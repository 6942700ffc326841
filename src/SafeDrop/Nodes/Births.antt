-- ===== src/SafeDrop/Nodes/Births.antt =====
-- `fill_birth` on a sound graph: no panic, and a sound graph behind it.
use rapx_log.Prelude.{
  ℕ, zero, suc, ◌+◌, ℤ, ◌≤◌, ◌<◌, ◌≡◌, refl, sym, ◌∙◌, subst, ◌&&◌, Bool-cases, inl, inr, some,
  List, length, length-set, set, get_elem?, get_elem?-some, lt_of_get_elem, get_elem?-set_self,
  get_elem?-set_ne, arith,
}
use mathlib.Core.List.{Memᴰ}
use native.Mathlib.Decide.{ℕ_discrete}
use rapx_log.SafeDrop.UnionFind.Roots.{union_is_same-Root}
use rapx_log.SafeDrop.State.{ValueNode, SafeDropGraph, M, value_at, update_value, ◌>>=◌, for_each}
use rapx_log.SafeDrop.State.Fields.{AreNodes}
use rapx_log.SafeDrop.Nodes.{is_minus_one, fill_aliases, fill_birth}
use rapx_log.SafeDrop.Nodes.Projection.{IsSound}
use rapx_log.SafeDrop.Nodes.Aliases.{Safe, out_of_fuel, returns, and_then-Safe, for_each-Safe}

-- A change of a node that leaves its fields alone.
pub set-AreNodes :
    (values : List ValueNode) (i : ℕ) (v w : ValueNode)
    → AreNodes values
    → get_elem? values i ≡ some v
    → w.fields ≡ v.fields
    → AreNodes (set values i w)
set-AreNodes values i v w nodes e same j u f at_j mem = elim (ℕ_discrete i j) [
  | yes eq ↦
      let lt = lt_of_get_elem values i e in
      let is_w : w ≡ u = ground (arith, get_elem?-set_self values i w lt) in
      let mem' : Memᴰ f v.fields =
        subst (λ fs. Memᴰ f fs) same (subst (λ (x : ValueNode). Memᴰ f x.fields) (sym is_w) mem) in
      omega (arith, nodes i v f e mem', length-set values i w)
  | no ne ↦ omega (
    arith,
    nodes j u f (sym (get_elem?-set_ne values i j w ne) ∙ at_j) mem,
    length-set values i w,
  )
]

pub update_value-Safe :
    (g : SafeDropGraph) (i : ℕ) (f : ValueNode → ValueNode)
    → ((v : ValueNode) → (f v).fields ≡ v.fields)
    → IsSound g
    → i < length g.values
    → Safe g (update_value i f g)
update_value-Safe g i f same sound lt =
    let (v, e) = get_elem?-some g.values i lt in
    returns (record g { values = set g.values i (f v) }) (rw e)
      (record {
        walk = record {
          size = sound.walk.size ∙ sym (length-set g.values i (f v));
          forest = sound.walk.forest;
          fields = set-AreNodes g.values i v (f v) sound.walk.fields e (same v);
        };
        dead_size = sound.dead_size ∙ sym (length-set g.values i (f v));
      })
      (omega (arith, length-set g.values i (f v)))

fill_aliases-Safe :
    (left i node : ℕ) (birth : ℤ) (g : SafeDropGraph)
    → IsSound g
    → i + left ≤ length g.values
    → node < length g.values
    → Safe g (fill_aliases left i node birth g)
unfolding fill_aliases
fill_aliases-Safe zero i node birth g sound le lt = returns g refl sound (omega arith)
fill_aliases-Safe (suc left) i node birth g sound le lt =
    let (same, run, iff) =
      union_is_same-Root g.alias_set sound.walk.forest i node (omega (arith, sound.walk.size))
        (omega (arith, sound.walk.size)) in
    let (v, e) = get_elem?-some g.values i (omega arith) in
    let rest : (h : SafeDropGraph)
        → IsSound h
        → length g.values ≤ length h.values
        → Safe h (fill_aliases left (i + 1) node birth h) =
      λ h s le'. fill_aliases-Safe left (i + 1) node birth h s (omega arith) (omega arith) in
    elim (Bool-cases (same && is_minus_one v.birth)) [
      | inl yes_ ↦
          rw (run, e, yes_)
            (and_then-Safe g _ (fill_aliases left (i + 1) node birth)
              (update_value-Safe g i (λ w. record w { birth = birth }) (λ v. refl) sound
                (omega arith))
              rest)
      | inr no_ ↦ rw (run, e, no_) (rest g sound (omega arith))
    ]

-- A loop over the fields of a node.
pub over_fields-Safe :
    (f : ℕ × ℕ → M (Unit {0})) (node : ℕ)
    → ((x : ℕ × ℕ) (k : SafeDropGraph) → IsSound k → x.1 < length k.values → Safe k (f x k))
    → (h : SafeDropGraph) → IsSound h
    → node < length h.values
    → Safe h ((value_at node >>= λ v. for_each f v.fields) h)
over_fields-Safe f node each h sound lt =
    let (v, e) = get_elem?-some h.values node lt in
    rw e (
      for_each-Safe f (length h.values) (λ x k s le inside. each x k s (omega arith)) v.fields h
        sound (omega arith) (λ x mem. sound.walk.fields node v x e mem))

-- On a sound graph `fill_birth` of a node does not panic: unless the fuel cuts it off, it returns and
-- leaves a sound graph.
pub fill_birth-Safe :
    (fuel node : ℕ) (birth : ℤ) (g : SafeDropGraph)
    → IsSound g
    → node < length g.values
    → Safe g (fill_birth fuel node birth g)
unfolding fill_birth
fill_birth-Safe zero node birth g sound lt = out_of_fuel refl
fill_birth-Safe (suc fuel) node birth g sound lt =
    and_then-Safe g _ _
      (and_then-Safe g _ _
        (update_value-Safe g node (λ w. record w { birth = birth }) (λ v. refl) sound lt)
        (λ h s le.
          fill_aliases-Safe (length h.values) 0 node birth h s (omega arith) (omega arith)))
      (λ h s le.
        over_fields-Safe (λ (f : ℕ × ℕ). fill_birth fuel f.1 birth) node
          (λ x k s' inside. fill_birth-Safe fuel x.1 birth k s' inside) h s (omega arith))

···

» **What the task requires**
Show every line in the entries where the string "panic" occurs.

» **Written answer**
-- `fill_birth` on a sound graph: no panic, and a sound graph behind it.
-- On a sound graph `fill_birth` of a node does not panic: unless the fuel cuts it off, it returns and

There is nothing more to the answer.